Task description – Quote exactly, and only, the lines of the material below from the line with "rw e (Perm.trans" through the line with "pub has-append : (q".

--- START ---

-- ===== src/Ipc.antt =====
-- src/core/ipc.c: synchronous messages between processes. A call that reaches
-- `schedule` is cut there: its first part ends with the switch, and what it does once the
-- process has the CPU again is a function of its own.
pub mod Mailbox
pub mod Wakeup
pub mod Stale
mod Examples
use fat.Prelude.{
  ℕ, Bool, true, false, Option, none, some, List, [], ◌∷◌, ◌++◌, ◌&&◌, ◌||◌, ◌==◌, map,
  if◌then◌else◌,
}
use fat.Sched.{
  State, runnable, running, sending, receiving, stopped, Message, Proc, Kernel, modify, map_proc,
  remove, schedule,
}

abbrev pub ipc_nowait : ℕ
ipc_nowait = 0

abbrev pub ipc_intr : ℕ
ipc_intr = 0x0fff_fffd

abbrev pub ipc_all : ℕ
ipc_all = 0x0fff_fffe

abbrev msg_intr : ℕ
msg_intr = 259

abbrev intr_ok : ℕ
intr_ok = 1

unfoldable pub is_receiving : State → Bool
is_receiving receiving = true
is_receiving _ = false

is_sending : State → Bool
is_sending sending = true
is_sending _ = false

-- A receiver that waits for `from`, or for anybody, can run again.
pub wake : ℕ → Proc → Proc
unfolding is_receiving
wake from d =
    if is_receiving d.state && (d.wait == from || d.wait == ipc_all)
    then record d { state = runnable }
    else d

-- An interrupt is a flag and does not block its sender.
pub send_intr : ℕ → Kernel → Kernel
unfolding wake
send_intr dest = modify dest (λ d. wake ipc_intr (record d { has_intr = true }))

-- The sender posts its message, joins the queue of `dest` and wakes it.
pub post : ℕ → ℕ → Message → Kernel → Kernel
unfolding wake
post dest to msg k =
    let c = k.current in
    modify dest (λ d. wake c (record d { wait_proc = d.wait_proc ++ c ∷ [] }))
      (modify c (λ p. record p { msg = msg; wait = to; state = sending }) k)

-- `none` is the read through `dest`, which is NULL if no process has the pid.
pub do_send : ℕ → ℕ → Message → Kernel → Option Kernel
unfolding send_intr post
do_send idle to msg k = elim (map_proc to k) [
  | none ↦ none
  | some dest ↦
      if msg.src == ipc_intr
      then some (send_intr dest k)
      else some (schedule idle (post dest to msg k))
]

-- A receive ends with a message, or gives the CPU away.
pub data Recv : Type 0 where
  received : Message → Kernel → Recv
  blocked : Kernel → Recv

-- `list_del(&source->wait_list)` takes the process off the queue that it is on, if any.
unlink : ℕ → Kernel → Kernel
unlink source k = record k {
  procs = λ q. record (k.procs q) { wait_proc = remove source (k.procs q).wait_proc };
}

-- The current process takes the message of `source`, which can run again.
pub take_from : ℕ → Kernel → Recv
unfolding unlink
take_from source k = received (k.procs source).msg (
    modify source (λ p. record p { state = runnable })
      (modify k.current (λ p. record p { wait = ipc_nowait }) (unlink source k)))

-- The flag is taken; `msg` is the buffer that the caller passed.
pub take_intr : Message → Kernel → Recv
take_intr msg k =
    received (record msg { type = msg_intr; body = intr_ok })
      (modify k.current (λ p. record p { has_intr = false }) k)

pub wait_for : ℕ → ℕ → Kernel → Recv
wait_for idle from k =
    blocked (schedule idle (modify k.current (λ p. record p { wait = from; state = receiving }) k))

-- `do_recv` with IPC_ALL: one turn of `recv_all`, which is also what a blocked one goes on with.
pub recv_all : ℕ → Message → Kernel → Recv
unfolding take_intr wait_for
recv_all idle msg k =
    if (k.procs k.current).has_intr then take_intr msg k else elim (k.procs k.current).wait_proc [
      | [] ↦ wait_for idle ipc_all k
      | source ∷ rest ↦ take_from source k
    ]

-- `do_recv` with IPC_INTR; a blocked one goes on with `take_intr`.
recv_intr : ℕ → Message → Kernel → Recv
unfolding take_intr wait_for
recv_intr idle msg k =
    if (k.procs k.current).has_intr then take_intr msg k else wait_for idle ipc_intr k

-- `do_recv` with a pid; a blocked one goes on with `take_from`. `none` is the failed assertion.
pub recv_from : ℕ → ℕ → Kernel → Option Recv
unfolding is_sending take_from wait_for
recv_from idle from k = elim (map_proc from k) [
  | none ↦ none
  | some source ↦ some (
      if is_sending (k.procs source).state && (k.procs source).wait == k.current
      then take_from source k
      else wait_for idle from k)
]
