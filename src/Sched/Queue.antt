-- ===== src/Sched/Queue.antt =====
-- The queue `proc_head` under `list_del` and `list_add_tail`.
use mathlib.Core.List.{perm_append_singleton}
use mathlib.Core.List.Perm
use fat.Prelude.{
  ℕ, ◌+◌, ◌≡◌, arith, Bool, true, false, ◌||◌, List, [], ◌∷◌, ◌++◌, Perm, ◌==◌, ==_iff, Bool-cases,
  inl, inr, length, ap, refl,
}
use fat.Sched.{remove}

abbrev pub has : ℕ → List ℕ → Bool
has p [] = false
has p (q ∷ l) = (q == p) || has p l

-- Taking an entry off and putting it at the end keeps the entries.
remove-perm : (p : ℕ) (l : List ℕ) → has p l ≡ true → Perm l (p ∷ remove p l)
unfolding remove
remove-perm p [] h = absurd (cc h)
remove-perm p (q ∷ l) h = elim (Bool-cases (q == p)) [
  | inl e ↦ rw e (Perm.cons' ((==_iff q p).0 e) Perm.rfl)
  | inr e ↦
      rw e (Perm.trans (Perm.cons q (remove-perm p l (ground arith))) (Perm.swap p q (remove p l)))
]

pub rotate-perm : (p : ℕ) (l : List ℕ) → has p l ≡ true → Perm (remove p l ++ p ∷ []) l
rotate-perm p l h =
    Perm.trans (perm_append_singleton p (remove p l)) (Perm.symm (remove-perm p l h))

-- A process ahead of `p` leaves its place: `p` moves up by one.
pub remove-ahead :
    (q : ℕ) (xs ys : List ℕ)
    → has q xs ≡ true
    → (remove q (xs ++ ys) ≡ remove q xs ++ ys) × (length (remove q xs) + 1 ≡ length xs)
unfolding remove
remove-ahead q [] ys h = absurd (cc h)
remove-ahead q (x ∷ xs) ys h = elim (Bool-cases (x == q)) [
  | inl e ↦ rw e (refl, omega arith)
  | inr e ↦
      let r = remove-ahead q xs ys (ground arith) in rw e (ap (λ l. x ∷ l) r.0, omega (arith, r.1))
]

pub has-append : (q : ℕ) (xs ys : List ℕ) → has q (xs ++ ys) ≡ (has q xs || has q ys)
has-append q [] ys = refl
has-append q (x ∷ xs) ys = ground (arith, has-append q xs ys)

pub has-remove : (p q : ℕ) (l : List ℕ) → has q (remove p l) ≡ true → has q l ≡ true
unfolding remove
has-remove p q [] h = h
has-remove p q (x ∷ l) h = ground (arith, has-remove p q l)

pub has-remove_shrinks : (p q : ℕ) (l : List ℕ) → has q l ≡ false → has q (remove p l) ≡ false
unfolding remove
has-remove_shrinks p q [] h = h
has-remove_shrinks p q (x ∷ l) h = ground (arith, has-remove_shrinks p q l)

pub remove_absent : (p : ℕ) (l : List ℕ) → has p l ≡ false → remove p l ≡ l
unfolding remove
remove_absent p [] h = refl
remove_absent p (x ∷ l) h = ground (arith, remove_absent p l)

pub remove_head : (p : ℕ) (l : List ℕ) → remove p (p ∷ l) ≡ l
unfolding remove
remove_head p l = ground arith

--- END ---

Written answer –
      rw e (Perm.trans (Perm.cons q (remove-perm p l (ground arith))) (Perm.swap p q (remove p l)))
]

pub rotate-perm : (p : ℕ) (l : List ℕ) → has p l ≡ true → Perm (remove p l ++ p ∷ []) l
rotate-perm p l h =
    Perm.trans (perm_append_singleton p (remove p l)) (Perm.symm (remove-perm p l h))

-- A process ahead of `p` leaves its place: `p` moves up by one.
pub remove-ahead :
    (q : ℕ) (xs ys : List ℕ)
    → has q xs ≡ true
    → (remove q (xs ++ ys) ≡ remove q xs ++ ys) × (length (remove q xs) + 1 ≡ length xs)
unfolding remove
remove-ahead q [] ys h = absurd (cc h)
remove-ahead q (x ∷ xs) ys h = elim (Bool-cases (x == q)) [
  | inl e ↦ rw e (refl, omega arith)
  | inr e ↦
      let r = remove-ahead q xs ys (ground arith) in rw e (ap (λ l. x ∷ l) r.0, omega (arith, r.1))
]

pub has-append : (q : ℕ) (xs ys : List ℕ) → has q (xs ++ ys) ≡ (has q xs || has q ys)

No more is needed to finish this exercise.